A Prefeitura cortou o pagamento o benefício conhecido como “ajuda de custo”, pago a 60% do quadro de funcionários públicos municipais. Servidores de autarquias, fundações e da Câmara também deixarão de receber o subsídio. A suspensão obedece uma ordem do Tribunal de Justiça de São Paulo (TJ-SP), que julgou procedente a ação de inconstitucionalidade movida desde 2004 pelo Ministério Público (MP) local, contra a lei 2.637 de 1990, que baseava o pagamento.

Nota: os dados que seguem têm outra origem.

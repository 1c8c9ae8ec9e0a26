-- ===== src/Slave/Response/Known.antt =====
-- What holds of every record of the database holds of every record of an answer.
use xfx1_dns.Prelude.{
  Bool, true, false, not, ◌&&◌, List, [], ◌∷◌, Option, none, some, All, All-append, All-filter,
  length, ◌==◌, if◌then◌else◌, All-option,
}
use xfx1_dns.Prelude.Bytes.{bytes_eq}
use xfx1_dns.Rec.Domain.{Domain, Unicode, dot}
use xfx1_dns.Rec.Types.{RRtype, type_eq}
use xfx1_dns.Rec.Rr.{Rr}
use xfx1_dns.Db.{
  Db, new_db, lookup_by_type, lookup_by_name, name_exists, wildcard_walk, wildcard_lookup, blocked,
  additional_loop, lookup_additional, fresh_target, addresses, wildcard_of,
}
use xfx1_dns.Db.Index.{AllValues, All-lookup_all, AllValues-index_onto}
use xfx1_dns.Slave.Response.{
  Lookup, synthesise_answers, expand_wildcard, lookup_absent, lookup_rrset, positive, empty_answer,
  is_cname, wildcard_answer,
}
use xfx1_dns.Dns.Response.{rcode_no_error}

-- A property of records that does not depend on their owner name.
module _ ⦃u : Unicode⦄ (P : Rr → Type 0)
    (rename : (rr : Rr) (n : Domain) → P rr → P (record rr { name = n })) where
  -- It holds of every record in both indexes.
  pub record Holds (db : Db) : Type 0 where
    pub types : AllValues P db.by_type
    pub names : AllValues P db.by_name

  pub Holds-new_db :
      (zone : Domain) (records : List Rr) → All P records → Holds (new_db zone records)
  unfolding new_db
  Holds-new_db zone records h = record {
    types = AllValues-index_onto type_eq P (λ rr. rr.rrtype) records [] h tt;
    names = AllValues-index_onto bytes_eq P (λ rr. rr.name) records [] h tt;
  }

  module _ (db : Db) (h : Holds db) where
    pub by_type-All : (name : Domain) (t : RRtype) → All P (lookup_by_type db name t)
    unfolding lookup_by_type
    by_type-All name t = All-filter P _ _ (All-lookup_all type_eq P t db.by_type h.types)

    by_name-All : (name : Domain) (t : RRtype) → All P (lookup_by_name db name t)
    unfolding lookup_by_name
    by_name-All name t = All-filter P _ _ (All-lookup_all bytes_eq P name db.by_name h.names)

    additional_loop-All : (rrs : List Rr) (seen : List Domain) → All P (additional_loop db rrs seen)
    unfolding additional_loop
    additional_loop-All [] seen = tt
    additional_loop-All (rr ∷ rrs) seen =
        All-option P (fresh_target seen rr) (additional_loop db rrs seen) _
          (additional_loop-All rrs seen)
          λ target _.
            All-append P (addresses db target) (additional_loop db rrs (target ∷ seen))
              (All-append P (lookup_by_type db target RRtype.a)
                (lookup_by_type db target RRtype.aaaa) (by_type-All target RRtype.a)
                (by_type-All target RRtype.aaaa))
              (additional_loop-All rrs (target ∷ seen))

    additional-All : (answers : List Rr) (t : RRtype) → All P (lookup_additional db answers t)
    unfolding lookup_additional
    additional-All answers t = additional_loop-All answers []

    synthesise-All : (rrs : List Rr) (n : Domain) → All P rrs → All P (synthesise_answers rrs n)
    unfolding synthesise_answers
    synthesise-All [] n h = tt
    synthesise-All (rr ∷ rrs) n h = (rename rr n h.0, synthesise-All rrs n h.1)

    -- Answers and additional records.
    abbrev Both : Lookup → Type 0
    Both l = All P l.answers × All P l.additional

    Both-if : (b : Bool) (x y : Lookup) → Both x → Both y → Both (if b then x else y)
    Both-if true x y hx hy = hx
    Both-if false x y hx hy = hy

    positive-Both :
        (owner : Domain) (t : RRtype) (answers : List Rr)
        → All P answers
        → Both (positive db owner t answers)
    positive-Both owner t answers k = (k, additional-All answers t)

    expand_wildcard-Both :
        (name : Domain) (t : RRtype) (owner : Domain) (rrs : List Rr)
        → All P rrs
        → Both (expand_wildcard db name t owner rrs)
    unfolding expand_wildcard
    expand_wildcard-Both name t owner [] k =
        let cnames = lookup_by_name db owner RRtype.cname in
        Both-if (not (is_cname t) && not (length cnames == 0))
          (positive db owner RRtype.cname (synthesise_answers cnames name))
          (empty_answer rcode_no_error owner)
          (positive-Both owner RRtype.cname _
            (synthesise-All cnames name (by_name-All owner RRtype.cname)))
          (tt, tt)
    expand_wildcard-Both name t owner (rr ∷ rrs) k =
        positive-Both owner t _ (synthesise-All (rr ∷ rrs) name k)

    abbrev Match : Option (Domain × List Rr) → Type 0
    Match none = Unit
    Match (some w) = All P w.1

    Match-if :
        (b : Bool) (x y : Option (Domain × List Rr))
        → Match x
        → Match y
        → Match (if b then x else y)
    Match-if true x y hx hy = hx
    Match-if false x y hx hy = hy

    wildcard_walk-Match :
        (name zone : Domain) (t : RRtype) (rest : Domain)
        → Match (wildcard_walk db name zone t rest)
    unfolding wildcard_walk
    wildcard_walk-Match name zone t [] = tt
    wildcard_walk-Match name zone t (c ∷ parent) =
        let rest = wildcard_walk db name zone t parent in
        let further = if bytes_eq parent zone then none else rest in
        let here =
          if blocked db parent name
          then none
          else some (wildcard_of parent, lookup_by_name db (wildcard_of parent) t) in
        Match-if (c == dot) (if name_exists db (wildcard_of parent) then here else further) rest
          (Match-if (name_exists db (wildcard_of parent)) here further
            (Match-if (blocked db parent name) none _ tt (by_name-All (wildcard_of parent) t))
            (Match-if (bytes_eq parent zone) none rest tt (wildcard_walk-Match name zone t parent)))
          (wildcard_walk-Match name zone t parent)

    wildcard_lookup-Match : (name : Domain) (t : RRtype) → Match (wildcard_lookup db name db.zone t)
    unfolding wildcard_lookup
    wildcard_lookup-Match name t =
        Match-if (bytes_eq name db.zone) none (wildcard_walk db name db.zone t name) tt
          (wildcard_walk-Match name db.zone t name)

    matched-Both :
        (name : Domain) (t : RRtype) (w : Option (Domain × List Rr))
        → Match w
        → Both (wildcard_answer db name t w)
    unfolding wildcard_answer
    matched-Both name t none k = (tt, tt)
    matched-Both name t (some w) k = expand_wildcard-Both name t w.0 w.1 k

    lookup_absent-Both : (name : Domain) (t : RRtype) → Both (lookup_absent db name t)
    unfolding lookup_absent
    lookup_absent-Both name t =
        Both-if (name_exists db name) (empty_answer rcode_no_error name) _ (tt, tt)
          (matched-Both name t (wildcard_lookup db name db.zone t) (wildcard_lookup-Match name t))

    pub lookup_rrset-Both : (name : Domain) (t : RRtype) → Both (lookup_rrset db name t)
    unfolding lookup_rrset
    lookup_rrset-Both name t =
        let answers = lookup_by_type db name t in
        let cnames = lookup_by_type db name RRtype.cname in
        let absent = lookup_absent db name t in
        let alias =
          if not (is_cname t) && not (length cnames == 0)
          then positive db name RRtype.cname cnames
          else absent in
        Both-if (not (length answers == 0)) (positive db name t answers) alias
          (positive-Both name t answers (by_type-All name t))
          (Both-if (not (is_cname t) && not (length cnames == 0))
            (positive db name RRtype.cname cnames) absent
            (positive-Both name RRtype.cname cnames (by_type-All name RRtype.cname))
            (lookup_absent-Both name t))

A sentença inicial saiu em dezembro do ano passado e na ocasião a Prefeitura já entrou com um recurso tentando reverter a situação, porém, ele não foi acolhido. A reiteração da decisão foi publicada no Diário Oficial do Estado (DOE) no dia 30 de setembro e, segundo a Assessoria de Comunicação Social, a Prefeitura tem que acatar. “No pagamento de outubro, relativo ao mês de setembro, os funcionários já não recebem a ajuda de custo”, informa o secretário de Administração, Núncio Lobo Costa. A economia equivale a cerca de 10% dos R$ 7,5 milhões mensais da folha de pagamento.

A lei, sancionada pelo ex-prefeito Clain Ferrari concedia aos servidores públicos municipais ativos ou inativos (aposentados) uma ajuda de custo destinada a cobrir despesas de locomoção e vestuário adequado para o exercício do cargo ou da função e de medicamentos (inativos). O benefício variava de 10% a 25% do salário, de acordo com a remuneração de cada um, calculado com base inicialmente no Bônus do Tesouro Nacional (BNT) e depois na Taxa Referencial (TR). “O critério era o salário, quem ganha mais recebe um benefício maior e quem ganha menos, menor”, explica. “É proporcional, porque a ideia era devolver o Imposto de Renda retido pela Prefeitura aos funcionários, a título de ajuda de custo.” Por isso, 60% dos cerca de 4,2 mil servidores da Prefeitura, o que corresponde a 2.534 pessoas, que ganhavam salários na faixa abrangida pelo IR, recebiam o benefício.

Argumentos
A ação, que teve início com um inquérito civil do MP, declara que a legislação é inconstitucional pelo fato de oferecer ajuda de custo variável sobre o valor da remuneração individual. “Ademais, que a matéria disciplinada na legislação em destaque (criação de vantagem pecuniária) encontra-se sujeita à reserva legal, de modo a impossibilitar a fixação de vantagem de valor impreciso, que sofre variação mês a mês, em virtude de seu cálculo ser atrelado a índice de correção monetária estabelecido pelo governo federal”, diz a sentença. “A vinculação do valor do benefício a índice de correção federal, se revela contrastante com o texto constitucional estadual, que veda expressamente a vinculação de vencimentos, para efeito de remuneração de pessoal do serviço público.” O documento cita ainda que a mudança realizada por meio de decreto, alterando a forma de cálculo do extinto BTN para a TR, deveria ter sido feita por meio de lei. “Acontece que o IR retido é um recurso que pertence ao Município e não pode ser transformado em pecúnia”, esclarece o secretário.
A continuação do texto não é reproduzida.